----- PROVIDED INFORMATION -----
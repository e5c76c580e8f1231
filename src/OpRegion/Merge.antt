-- ===== src/OpRegion/Merge.antt =====
-- core/opregion.c: the value that `lai_write_field_internal` writes, bit by bit.
use native.Mathlib.Nat.{pow-suc, one-le-pow}
use lai.Base.{
  ℕ, zero, suc, ◌+◌, ◌-◌, ◌/◌, ◌^◌, ◌≤◌, ◌<◌, ◌≡◌, ◌⊎◌, inl, inr, ap, ◌∙◌, bit_and, u64, shl, not64,
  arith,
}
use lai.Bits.{
  bit, bit-lt, bit-bit_and, bit-bit_or, bit-shl, bit-shl_low, bit-mod, bit-past, bit-ones, ones,
}
use lai.OpRegion.BufferBits.{split_at}
use lai.OpRegion.Field.{merge_bits}

-- The digits of a complement.
bit-complement : (k x i : ℕ) → x < 2 ^ k → i < k → bit (2 ^ k - 1 - x) i ≡ 1 - bit x i
unfolding bit
bit-complement zero x i lt le = absurd (omega arith)
bit-complement (suc k) x zero lt le = omega (arith, pow-suc 2 k)
bit-complement (suc k) x (suc i) lt le =
    let halves : (2 ^ suc k - 1 - x) / 2 ≡ 2 ^ k - 1 - x / 2 = omega (arith, pow-suc 2 k) in
    rw halves (bit-complement k (x / 2) i (omega (arith, pow-suc 2 k)) (omega arith))

bit-not64 : (x i : ℕ) → i < 64 → bit (not64 (u64 x)) i ≡ 1 - bit (u64 x) i
bit-not64 x i lt = bit-complement 64 (u64 x) i (omega arith) lt

module _ (start bits : ℕ) (fits : start + bits < 65) where
  mask_inside : (j : ℕ) → j < bits → bit (u64 (shl (ones bits) start)) (start + j) ≡ 1
  mask_inside j lt =
      bit-mod (shl (ones bits) start) 64 (start + j) (omega arith)
      ∙ bit-shl (ones bits) start j
      ∙ bit-ones bits j lt

  mask_outside :
      (i : ℕ) → i < 64 → (i < start) ⊎ (start + bits ≤ i) → bit (u64 (shl (ones bits) start)) i ≡ 0
  mask_outside i lt (inl low) =
      bit-mod (shl (ones bits) start) 64 i lt ∙ bit-shl_low (ones bits) start i low
  mask_outside i lt (inr high) =
      let (j, at) = split_at start i (omega arith) in
      bit-mod (shl (ones bits) start) 64 i lt
      ∙ ap (bit (shl (ones bits) start)) at
      ∙ bit-shl (ones bits) start j
      ∙ bit-past (ones bits) bits j (omega (arith, one-le-pow bits 2)) (omega arith)

  -- The merged value has the new bits inside the mask and the old ones outside.
  pub merge_bits_inside :
      (old new_val j : ℕ)
      → j < bits
      → bit (merge_bits old new_val start bits) (start + j) ≡ bit new_val j
  unfolding merge_bits
  merge_bits_inside old new_val j lt =
      let mask = u64 (shl (ones bits) start) in
      let here = mask_inside j lt in
      let cleared = bit-not64 (shl (ones bits) start) (start + j) (omega arith) in
      let placed : bit (u64 (shl new_val start)) (start + j) ≡ bit new_val j =
        bit-mod (shl new_val start) 64 (start + j) (omega arith) ∙ bit-shl new_val start j in
      omega (
        arith,
        bit-bit_or (bit_and old (not64 mask)) (bit_and (u64 (shl new_val start)) mask) (start + j),
        bit-bit_and old (not64 mask) (start + j),
        bit-bit_and (u64 (shl new_val start)) mask (start + j),
        here,
        cleared,
        placed,
        bit-lt new_val j,
      )

  pub merge_bits_outside :
      (old new_val i : ℕ)
      → i < 64
      → (i < start) ⊎ (start + bits ≤ i)
      → bit (merge_bits old new_val start bits) i ≡ bit old i
  unfolding merge_bits
  merge_bits_outside old new_val i lt away =
      let mask = u64 (shl (ones bits) start) in
      let here = mask_outside i lt away in
      let kept = bit-not64 (shl (ones bits) start) i lt in
      omega (
        arith,
        bit-bit_or (bit_and old (not64 mask)) (bit_and (u64 (shl new_val start)) mask) i,
        bit-bit_and old (not64 mask) i,
        bit-bit_and (u64 (shl new_val start)) mask i,
        here,
        kept,
        bit-lt old i,
        bit-lt (u64 (shl new_val start)) i,
      )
-----
_PROBLEM DETAILS_.
What lines in the material include the string "value"? Pull each one out.

_WRITTEN ANSWER_.
-- core/opregion.c: the value that `lai_write_field_internal` writes, bit by bit.
  -- The merged value has the new bits inside the mask and the old ones outside.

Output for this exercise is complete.